China is relaunching its massive infrastructure projects in Central Asia with a summit this week aimed at filling the void left by Russia, the region’s traditional power, now weakened by sanctions as a result of the war in Ukraine. It is done.
The former Soviet republics of Central Asia play an important role in the Chinese initiative called the New Silk Road, also known as the Belt and Road.
This pharaonic program promoted by Chinese President Xi Jinping, who launched it in 2013, seeks to build roads, ports, railways and infrastructure overseas with Chinese money.
In Central Asia alone, China says its trade with Kazakhstan, Kyrgyzstan, Tajikistan, Turkmenistan and Uzbekistan reached $70 billion (€64 billion) last year and will grow 22% year-on-year in the first quarter of 2023 Went.
Analysts say the war in Ukraine has further intensified the pro-Beijing trend as some countries question their traditional ties with Russia and look elsewhere for economic and diplomatic reassurance.
“After the Russian aggression in Ukraine, the Central Asian republics began to fear for their sovereignty,” says Ejaz Wani, a researcher at the Observer Research Foundation, an Indian think tank.
Xi Jinping will host leaders of five countries in the region on Thursday and Friday in the central Chinese city of Xi’an, at the former eastern end of the Silk Road, for a summit that Beijing describes as “extremely important”.
– “consistent” approach –
The summit should be an opportunity to advance some infrastructure projects, including the $6 billion China-Kyrgyzstan-Uzbekistan railway line and the expansion of the Asia-Pacific oil pipeline. Middle and Chinese.
The region is linked to China by shared borders and a long history, and Beijing is now seeking to play a bigger role.

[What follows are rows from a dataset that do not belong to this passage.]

-- ===== src/Edge/IpRateLimit.antt =====
-- server-gateway/src/ip-rate-limit.ts: the limit on replay requests of an address, in bounded memory.
pub mod Laws
use sw_itch_remake.Base.{
  ℕ, suc, ◌+◌, ◌/◌, ◌≤◌, ◌<◌, ◌≡◌, refl, ◌∙◌, inl, inr, String, Bool, true, false, ◌&&◌, Option,
  none, some, List, [], ◌∷◌, arith, if◌then◌else◌, if_both, ltb, leb, ◌==◌, filter, length,
  length-filter, length-count, count, count-le, String_discrete, Option-cases, Bool-cases,
}
use sw_itch_remake.Base.Maps.{get, set}

pub record Bucket : Type 0 where
  pub window : ℕ
  pub count : ℕ

-- No last window is -1 in the source.
pub record IpRateLimiter : Type 0 where
  pub buckets : List (String × Bucket)
  pub max_subjects : ℕ
  pub last_window : Option ℕ

unfoldable pub new : ℕ → IpRateLimiter
new max_subjects = record { buckets = []; max_subjects = max_subjects; last_window = none }

abbrev pub is_current : ℕ → String × Bucket → Bool
is_current window (ip, b) = b.window == window

abbrev pub is_same_window : Option ℕ → ℕ → Bool
is_same_window none window = false
is_same_window (some last) window = last == window

unfoldable pub drop_old : ℕ → IpRateLimiter → IpRateLimiter
drop_old window s =
    if is_same_window s.last_window window
    then s
    else record s { buckets = filter (is_current window) s.buckets; last_window = some window }

abbrev pub count_in : String → Bucket → ℕ → IpRateLimiter → IpRateLimiter × Bool
count_in ip b limit s = (
  record s { buckets = set String_discrete ip (record b { count = b.count + 1 }) s.buckets },
  leb (b.count + 1) limit,
)

unfoldable pub allow_found : Option Bucket → ℕ → String → ℕ → IpRateLimiter → IpRateLimiter × Bool
allow_found none window ip limit s =
    if leb s.max_subjects (length s.buckets)
    then (s, false)
    else count_in ip (record { window = window; count = 0 }) limit s
allow_found (some b) window ip limit s = count_in ip b limit s

unfoldable pub allow : ℕ → String → ℕ → ℕ → IpRateLimiter → IpRateLimiter × Bool
unfolding drop_old allow_found
allow now ip limit window_ms s =
    let swept = drop_old (now / window_ms) s in
    allow_found (get String_discrete ip swept.buckets) (now / window_ms) ip limit swept

-- Requests, latest first: the time, the address, the limit and the length of the window.
unfoldable pub history : ℕ → List (ℕ × String × ℕ × ℕ) → IpRateLimiter
unfolding allow
history max_subjects [] = new max_subjects
history max_subjects ((now, ip, limit, window_ms) ∷ earlier) =
    (allow now ip limit window_ms (history max_subjects earlier)).0
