-- ===== src/Edge/IpRateLimit/Laws.antt =====
-- The addresses on record (ip-rate-limit.ts) are bounded.
use sw_itch_remake.Base.{
  ℕ, ◌+◌, ◌/◌, ◌≤◌, ◌≡◌, refl, ◌∙◌, String, Bool, true, false, Option, none, some, List, [], ◌∷◌,
  arith, if_both, leb, length, length-filter, length-count, count-le, String_discrete,
}
use sw_itch_remake.Base.Maps.{get, set, count-set}
use sw_itch_remake.Edge.IpRateLimit.{
  Bucket, IpRateLimiter, new, is_current, is_same_window, drop_old, allow_found, allow, history,
}

length-set :
    (k : String) (b : Bucket) (m : List (String × Bucket))
    → length (set String_discrete k b m) ≤ length m + 1
length-set k b m = ground (
  arith,
  length-count (set String_discrete k b m),
  length-count m,
  count-set String_discrete (λ _. true) k b m,
)

-- A known address takes no more room.
length-set_found :
    (k : String) (b c : Bucket) (m : List (String × Bucket))
    → get String_discrete k m ≡ some c
    → length (set String_discrete k b m) ≡ length m
length-set_found k b c m e = ground (
  arith,
  length-count (set String_discrete k b m),
  length-count m,
  count-set String_discrete (λ _. true) k b m,
)

abbrev IsBounded : IpRateLimiter → Type 0
IsBounded s = length s.buckets ≤ s.max_subjects

drop_old-IsBounded : (window : ℕ) (s : IpRateLimiter) → IsBounded s → IsBounded (drop_old window s)
unfolding drop_old
drop_old-IsBounded window s h =
    if_both IsBounded (is_same_window s.last_window window) s _ (λ e. h)
      (λ e. omega (
        arith,
        h,
        length-filter (is_current window) s.buckets,
        count-le (is_current window) s.buckets,
      ))

allow_found-IsBounded :
    (o : Option Bucket) (window : ℕ) (ip : String) (limit : ℕ) (s : IpRateLimiter)
    → get String_discrete ip s.buckets ≡ o
    → IsBounded s
    → IsBounded (allow_found o window ip limit s).0
unfolding allow_found
allow_found-IsBounded none window ip limit s e h =
    if_both (λ (r : IpRateLimiter × Bool). IsBounded r.0) (leb s.max_subjects (length s.buckets))
      (s, false) _ (λ full. h)
      (λ room. ground (arith, length-set ip (record { window = window; count = 0 + 1 }) s.buckets))
allow_found-IsBounded (some b) window ip limit s e h =
    omega (arith, h, length-set_found ip (record b { count = b.count + 1 }) b s.buckets e)

allow_found-max :
    (o : Option Bucket) (window : ℕ) (ip : String) (limit : ℕ) (s : IpRateLimiter)
    → (allow_found o window ip limit s).0.max_subjects ≡ s.max_subjects
unfolding allow_found
allow_found-max none window ip limit s = ground arith
allow_found-max (some b) window ip limit s = refl

drop_old-max : (window : ℕ) (s : IpRateLimiter) → (drop_old window s).max_subjects ≡ s.max_subjects
unfolding drop_old
drop_old-max window s = ground arith

history-IsBounded :
    (n : ℕ) (rs : List (ℕ × String × ℕ × ℕ))
    → IsBounded (history n rs) × ((history n rs).max_subjects ≡ n)
unfolding history new allow
history-IsBounded n [] = (omega arith, refl)
history-IsBounded n ((now, ip, limit, window_ms) ∷ earlier) =
    let h = history-IsBounded n earlier in
    let swept = drop_old (now / window_ms) (history n earlier) in
    (
      allow_found-IsBounded (get String_discrete ip swept.buckets) (now / window_ms) ip limit swept
          refl (drop_old-IsBounded (now / window_ms) (history n earlier) h.0),
      allow_found-max (get String_discrete ip swept.buckets) (now / window_ms) ip limit swept
          ∙ drop_old-max (now / window_ms) (history n earlier)
          ∙ h.1,
    )

-- After any requests, whatever their addresses, times and limits, at most as many addresses are on record as
-- the limiter was made for.
pub history-bounded : (n : ℕ) (rs : List (ℕ × String × ℕ × ℕ)) → length (history n rs).buckets ≤ n
history-bounded n rs = omega (arith, history-IsBounded n rs)
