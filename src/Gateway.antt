-- ===== src/Gateway.antt =====
-- server-game/src/gateway: connection accounting, tickets and rate limits.
pub mod Connections
pub mod Tickets
pub mod RateLimit
pub mod Violations
mod Tests
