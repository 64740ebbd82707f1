-- ===== src/Types.antt =====
-- The types that several components share: who a connection or a seat belongs to
-- (shared/src/control/commands.ts).
use sw_itch_remake.Base.{ℕ, String, ℕ_discrete, String_discrete, Bool, true, false}

-- `ActorId`: an account's number, or a guest's text.
pub data ActorId : Type 0 where
  account : ℕ → ActorId
  guest : String → ActorId

unfoldable pub ActorId-discrete : Discrete ActorId
ActorId-discrete = hlevel (ℕ_discrete, String_discrete)

-- `typeof userId === 'string'`.
abbrev pub is_guest : ActorId → Bool
is_guest (account n) = false
is_guest (guest s) = true

-- `LobbyStats` (shared/src/protocol/events.ts), the two percentages in tenths.
pub record LobbyStats : Type 0 where
  pub games : ℕ
  pub wins : ℕ
  pub win_rate : ℕ
  pub switch_success_rate : ℕ

-- `RoomState` and `PlayerRole` (shared/src/protocol/events.ts).
pub data RoomState : Type 0 where
  allocating waiting countdown playing post_game closed : RoomState

pub data PlayerRole : Type 0 where
  player waiting spectator : PlayerRole
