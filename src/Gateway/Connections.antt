-- ===== src/Gateway/Connections.antt =====
-- server-game/src/gateway/connection-manager.ts. The four maps stay separate, as in the source: the
-- two counters by address and the index by user are caches of what the first map holds.
pub mod Invariant
pub mod Binding
pub mod Dropping
pub mod Histories
use sw_itch_remake.Base.{
  ℕ, suc, ◌+◌, ◌-◌, String, ◌≡◌, Bool, true, false, ◌&&◌, Option, none, some, List, [], ◌∷◌, arith,
  ltb, leb, ◌==◌, if◌then◌else◌, length, get_or, is_some, ite, String_discrete, ℕ_discrete, not,
}
use sw_itch_remake.Base.Maps.{get, set, delete}
use sw_itch_remake.Types.{ActorId, ActorId-discrete}

pub record ConnectionRecord : Type 0 where
  pub id : ℕ
  pub ip : String
  pub user_id : Option ActorId

pub record ConnectionLimits : Type 0 where
  pub max_connections : ℕ
  pub max_unauthenticated_per_ip : ℕ
  pub max_authenticated_per_ip : ℕ

pub record ConnectionManager : Type 0 where
  pub connections : List (ℕ × ConnectionRecord)
  pub unauthenticated_by_ip : List (String × ℕ)
  pub authenticated_by_ip : List (String × ℕ)
  pub active_users : List (ActorId × ℕ)
  pub limits : ConnectionLimits
  pub open limits use *
  pub next_id : ℕ

unfoldable pub new : ConnectionLimits → ConnectionManager
new limits = record {
  connections = [];
  unauthenticated_by_ip = [];
  authenticated_by_ip = [];
  active_users = [];
  limits = limits;
  next_id = 1;
}

abbrev pub unauthenticated_count : ConnectionManager → String → ℕ
unauthenticated_count m ip = get_or (get String_discrete ip m.unauthenticated_by_ip) 0

abbrev pub authenticated_count : ConnectionManager → String → ℕ
authenticated_count m ip = get_or (get String_discrete ip m.authenticated_by_ip) 0

unfoldable pub can_open : ConnectionManager → String → Bool
can_open m ip =
    ltb (length m.connections) m.max_connections
    && ltb (unauthenticated_count m ip) m.max_unauthenticated_per_ip

abbrev pub opened : ConnectionManager → String → ConnectionRecord
opened m ip = record { id = m.next_id; ip = ip; user_id = none }

unfoldable pub accept : ConnectionManager → String → ConnectionManager
accept m ip = record m {
  connections = set ℕ_discrete m.next_id (opened m ip) m.connections;
  unauthenticated_by_ip =
      set String_discrete ip (unauthenticated_count m ip + 1) m.unauthenticated_by_ip;
  next_id = suc m.next_id;
}

-- `open`: the manager after it, and the identifier of the connection.
unfoldable pub open_connection : ConnectionManager → String → ConnectionManager × Option ℕ
unfolding can_open accept
open_connection m ip = if can_open m ip then (accept m ip, some m.next_id) else (m, none)

abbrev pub is_free : Option ActorId → Bool
is_free none = true
is_free (some u) = false

unfoldable pub can_authenticate_record : ConnectionManager → ConnectionRecord → ActorId → Bool
can_authenticate_record m r user_id =
    is_free r.user_id
    && not (is_some (get ActorId-discrete user_id m.active_users))
    && ltb (authenticated_count m r.ip) m.max_authenticated_per_ip

unfoldable pub can_authenticate : ConnectionManager → ℕ → ActorId → Bool
unfolding can_authenticate_record
can_authenticate m id user_id = elim (get ℕ_discrete id m.connections) [
  | none ↦ false
  | some r ↦ can_authenticate_record m r user_id
]

-- `#decrementUnauthenticated` and `#decrementAuthenticated` on the map they change. The source's
-- difference is 0 at least, since a missing count reads as 1 and a kept one is positive.
unfoldable pub decrement : String → List (String × ℕ) → List (String × ℕ)
decrement ip m =
    let next = get_or (get String_discrete ip m) 1 - 1 in
    if leb next 0 then delete String_discrete ip m else set String_discrete ip next m

unfoldable pub bind_user : ConnectionManager → ℕ → ConnectionRecord → ActorId → ConnectionManager
unfolding decrement
bind_user m id r user_id = record m {
  connections = set ℕ_discrete id (record r { user_id = some user_id }) m.connections;
  unauthenticated_by_ip = decrement r.ip m.unauthenticated_by_ip;
  authenticated_by_ip =
      set String_discrete r.ip (authenticated_count m r.ip + 1) m.authenticated_by_ip;
  active_users = set ActorId-discrete user_id id m.active_users;
}

unfoldable pub authenticate : ConnectionManager → ℕ → ActorId → ConnectionManager × Bool
unfolding can_authenticate_record bind_user
authenticate m id user_id = elim (get ℕ_discrete id m.connections) [
  | none ↦ (m, false)
  | some r ↦
      if can_authenticate_record m r user_id then (bind_user m id r user_id, true) else (m, false)
]

-- `if (this.#activeUsers.get(userId) === id) this.#activeUsers.delete(userId)`.
abbrev pub forget_user : ActorId → ℕ → List (ActorId × ℕ) → List (ActorId × ℕ)
forget_user u id m = elim (get ActorId-discrete u m) [
  | none ↦ m
  | some j ↦ if j == id then delete ActorId-discrete u m else m
]

unfoldable pub drop_record : ConnectionManager → ℕ → ConnectionRecord → ConnectionManager
unfolding decrement
drop_record m id r = elim r.user_id [
  | none ↦ record m {
    connections = delete ℕ_discrete id m.connections;
    unauthenticated_by_ip = decrement r.ip m.unauthenticated_by_ip;
  }
  | some u ↦ record m {
    connections = delete ℕ_discrete id m.connections;
    authenticated_by_ip = decrement r.ip m.authenticated_by_ip;
    active_users = forget_user u id m.active_users;
  }
]

unfoldable pub close : ConnectionManager → ℕ → ConnectionManager × Option ConnectionRecord
unfolding drop_record
close m id = elim (get ℕ_discrete id m.connections) [
  | none ↦ (m, none)
  | some r ↦ (drop_record m id r, some r)
]

-- What the transport calls, in any order.
pub data Call : Type 0 where
  opens : String → Call
  authenticates : ℕ → ActorId → Call
  closes : ℕ → Call

unfoldable pub step : ConnectionManager → Call → ConnectionManager
step m (opens ip) = (open_connection m ip).0
step m (authenticates id user_id) = (authenticate m id user_id).0
step m (closes id) = (close m id).0

unfoldable pub run : ConnectionManager → List Call → ConnectionManager
run m [] = m
run m (c ∷ cs) = run (step m c) cs
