-- ===== src/Gateway/Connections/Invariant.antt =====
-- When the four maps of connection-manager.ts agree: the counters and the index by user against the
-- open connections.
use sw_itch_remake.Base.{
  ℕ, ◌-◌, ◌≤◌, String, ◌≡◌, Bool, false, none, some, List, arith, length, count, get_or, is_some,
  ite, String_discrete, ℕ_discrete,
}
use sw_itch_remake.Base.Maps.{get, get-set, get-delete, Unique}
use sw_itch_remake.Types.{ActorId, ActorId-discrete}
use sw_itch_remake.Gateway.Connections.{
  ConnectionRecord, ConnectionManager, unauthenticated_count, authenticated_count, is_free,
  decrement,
}

-- An open connection from the address that has not, or has, signed in.
abbrev pub waiting_at : String → ℕ × ConnectionRecord → Bool
waiting_at ip (id, r) = ite (String_discrete r.ip ip) (is_free r.user_id) false

abbrev pub signed_in_at : String → ℕ × ConnectionRecord → Bool
signed_in_at ip (id, r) = ite (String_discrete r.ip ip) (is_some r.user_id) false

pub record Inv (m : ConnectionManager) : Type 0 where
  pub unique : Unique ℕ_discrete m.connections
  pub fresh : (id : ℕ) → m.next_id ≤ id → get ℕ_discrete id m.connections ≡ none
  pub waiting : (ip : String) → unauthenticated_count m ip ≡ count (waiting_at ip) m.connections
  pub signed_in : (ip : String) → authenticated_count m ip ≡ count (signed_in_at ip) m.connections
  pub held :
      (u : ActorId) (id : ℕ)
      → get ActorId-discrete u m.active_users ≡ some id
      → (r : ConnectionRecord) × (get ℕ_discrete id m.connections ≡ some r) × (r.user_id ≡ some u)
  pub indexed :
      (u : ActorId) (id : ℕ) (r : ConnectionRecord)
      → get ℕ_discrete id m.connections ≡ some r
      → r.user_id ≡ some u
      → get ActorId-discrete u m.active_users ≡ some id
  pub bounded : length m.connections ≤ m.max_connections
  pub waiting_bounded : (ip : String) → unauthenticated_count m ip ≤ m.max_unauthenticated_per_ip
  pub signed_in_bounded : (ip : String) → authenticated_count m ip ≤ m.max_authenticated_per_ip

pub get-decrement :
    (ip ip' : String) (m : List (String × ℕ))
    → get_or (get String_discrete ip' (decrement ip m)) 0
      ≡ get_or (get String_discrete ip' m) 0 - ite (String_discrete ip ip') 1 0
unfolding decrement
get-decrement ip ip' m = ground (
  arith,
  get-set String_discrete ip' ip (get_or (get String_discrete ip m) 1 - 1) m,
  get-delete String_discrete ip' ip m,
)
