-- ===== src/Gateway/Connections/Binding.antt =====
-- A connection that is accepted, and one that signs in (connection-manager.ts).
use sw_itch_remake.Base.{
  ℕ, ◌+◌, String, ◌≡◌, ap, true, some, arith, inl, inr, Bool-cases, length-count, String_discrete,
  ℕ_discrete,
}
use sw_itch_remake.Base.Maps.{get, set, get-set, set-Unique, count-set}
use sw_itch_remake.Types.{ActorId, ActorId-discrete}
use sw_itch_remake.Gateway.Connections.{
  ConnectionRecord, ConnectionManager, unauthenticated_count, authenticated_count, can_open, opened,
  accept, open_connection, can_authenticate_record, bind_user,
}
use sw_itch_remake.Gateway.Connections.Invariant.{Inv, waiting_at, signed_in_at, get-decrement}

accept-Inv :
    (m : ConnectionManager) (ip : String) → can_open m ip ≡ true → Inv m → Inv (accept m ip)
unfolding accept can_open
accept-Inv m ip h v = record {
  unique = set-Unique ℕ_discrete m.next_id _ m.connections v.unique;
  fresh = λ id le.
      ground (arith, get-set ℕ_discrete id m.next_id (opened m ip) m.connections, v.fresh id);
  waiting = λ ip'. ground (
    arith,
    get-set String_discrete ip' ip (unauthenticated_count m ip + 1) m.unauthenticated_by_ip,
    v.waiting ip',
    v.fresh m.next_id,
    count-set ℕ_discrete (waiting_at ip') m.next_id (opened m ip) m.connections,
  );
  signed_in = λ ip'. ground (
    arith,
    v.signed_in ip',
    v.fresh m.next_id,
    count-set ℕ_discrete (signed_in_at ip') m.next_id (opened m ip) m.connections,
  );
  held = λ u id e.
      let (r, g, e') = v.held u id e in
      (
        r,
        ground (arith, get-set ℕ_discrete id m.next_id (opened m ip) m.connections, v.fresh id),
        e',
      );
  indexed = λ u id r g e.
      ground (arith, v.indexed u id r, get-set ℕ_discrete id m.next_id (opened m ip) m.connections);
  bounded = ground (
    arith,
    v.fresh m.next_id,
    length-count (set ℕ_discrete m.next_id (opened m ip) m.connections),
    length-count m.connections,
    count-set ℕ_discrete (λ _. true) m.next_id (opened m ip) m.connections,
  );
  waiting_bounded = λ ip'. ground (
    arith,
    v.waiting_bounded ip',
    get-set String_discrete ip' ip (unauthenticated_count m ip + 1) m.unauthenticated_by_ip,
  );
  signed_in_bounded = v.signed_in_bounded;
}

pub open_connection-Inv :
    (m : ConnectionManager) (ip : String) → Inv m → Inv (open_connection m ip).0
unfolding open_connection
open_connection-Inv m ip v = elim (Bool-cases (can_open m ip)) [
  | inl h ↦ rw h (accept-Inv m ip h v)
  | inr h ↦ rw h v
]

module _ (m : ConnectionManager) (id : ℕ) (r : ConnectionRecord) (u : ActorId)
    (g : get ℕ_discrete id m.connections ≡ some r) (allowed : can_authenticate_record m r u ≡ true)
    (v : Inv m) where
  bind_user-held :
      (w : ActorId) (j : ℕ)
      → get ActorId-discrete w (bind_user m id r u).active_users ≡ some j
      → (q : ConnectionRecord) × (get ℕ_discrete j (bind_user m id r u).connections ≡ some q)
        × (q.user_id ≡ some w)
  unfolding bind_user can_authenticate_record
  bind_user-held w j e = elim (ActorId-discrete u w) [
    | yes p ↦ (
      record r { user_id = some u },
      ground (
        arith,
        get-set ActorId-discrete w u id m.active_users,
        get-set ℕ_discrete j id (record r { user_id = some u }) m.connections,
      ),
      ap some p,
    )
    | no p ↦
        let (q, gq, eq) =
          v.held w j (ground (arith, get-set ActorId-discrete w u id m.active_users)) in
        (
          q,
          ground (arith, get-set ℕ_discrete j id (record r { user_id = some u }) m.connections),
          eq,
        )
  ]

  pub bind_user-Inv : Inv (bind_user m id r u)
  unfolding bind_user can_authenticate_record
  bind_user-Inv = record {
    unique = set-Unique ℕ_discrete id _ m.connections v.unique;
    fresh = λ j le. ground (
      arith,
      get-set ℕ_discrete j id (record r { user_id = some u }) m.connections,
      v.fresh j,
      v.fresh id,
    );
    waiting = λ ip. ground (
      arith,
      get-decrement r.ip ip m.unauthenticated_by_ip,
      v.waiting ip,
      count-set ℕ_discrete (waiting_at ip) id (record r { user_id = some u }) m.connections,
    );
    signed_in = λ ip. ground (
      arith,
      get-set String_discrete ip r.ip (authenticated_count m r.ip + 1) m.authenticated_by_ip,
      v.signed_in ip,
      count-set ℕ_discrete (signed_in_at ip) id (record r { user_id = some u }) m.connections,
    );
    held = bind_user-held;
    indexed = λ w j q gq e. ground (
      arith,
      v.indexed w j q,
      get-set ℕ_discrete j id (record r { user_id = some u }) m.connections,
      get-set ActorId-discrete w u id m.active_users,
    );
    bounded = ground (
      arith,
      v.bounded,
      length-count (set ℕ_discrete id (record r { user_id = some u }) m.connections),
      length-count m.connections,
      count-set ℕ_discrete (λ _. true) id (record r { user_id = some u }) m.connections,
    );
    waiting_bounded =
        λ ip. ground (arith, v.waiting_bounded ip, get-decrement r.ip ip m.unauthenticated_by_ip);
    signed_in_bounded = λ ip. ground (
      arith,
      v.signed_in_bounded ip,
      get-set String_discrete ip r.ip (authenticated_count m r.ip + 1) m.authenticated_by_ip,
    );
  }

“China’s approach to Central Asia has been very consistent,” says Nargis Kasenova, director of the Central Asia Program at Harvard’s Davis Center for Russian and Eurasian Studies.
Casanova cites Beijing’s long-standing ties with these countries in terms of security, infrastructure and development.
He says that the war in Ukraine has only “pushed Central Asian countries into the arms of China.”
However, Beijing’s growing influence is not always welcomed.
Anti-Chinese protests began in Kazakhstan in 2019, amid a feeling among some of the population that China’s control had become too strong.
A year later, a Chinese company that had planned to invest some $300 million in a commercial and logistics hub in Kyrgyzstan withdrew after protests.
Uyghurs
The fear that China will use its influence to change national policy “has fueled a growing phobia,” says Sébastien Pairous, a professor at George Washington University in the United States.
Chinese investments “are not aimed at developing local production, but at creating favorable conditions for the export of Chinese products and the import of raw materials,” he says.
Another source of tension is the treatment meted out to Uighurs in the Chinese region of Xinjiang (northwest), where many Western governments accuse Beijing of repression, resulting in the internment of more than one million of its members in re-education camps. Would have happened and other Muslim minorities.
The cultural and linguistic closeness of the Uyghurs to most Central Asians has contributed to fueling anti-China sentiment.
– “Oddity” –
Analysts say China is more popular among Central Asian governments – seeking investment to develop their countries – than among their populations.
“This is partly because of the great disparity, demographic and economic, between them and China,” says Lee-Chen Sim of the US think tank Middle East Institute.
It says there is also popular resentment over the “lack of jobs reserved for locals in projects financed by China” and the “high level of indebtedness” with Beijing.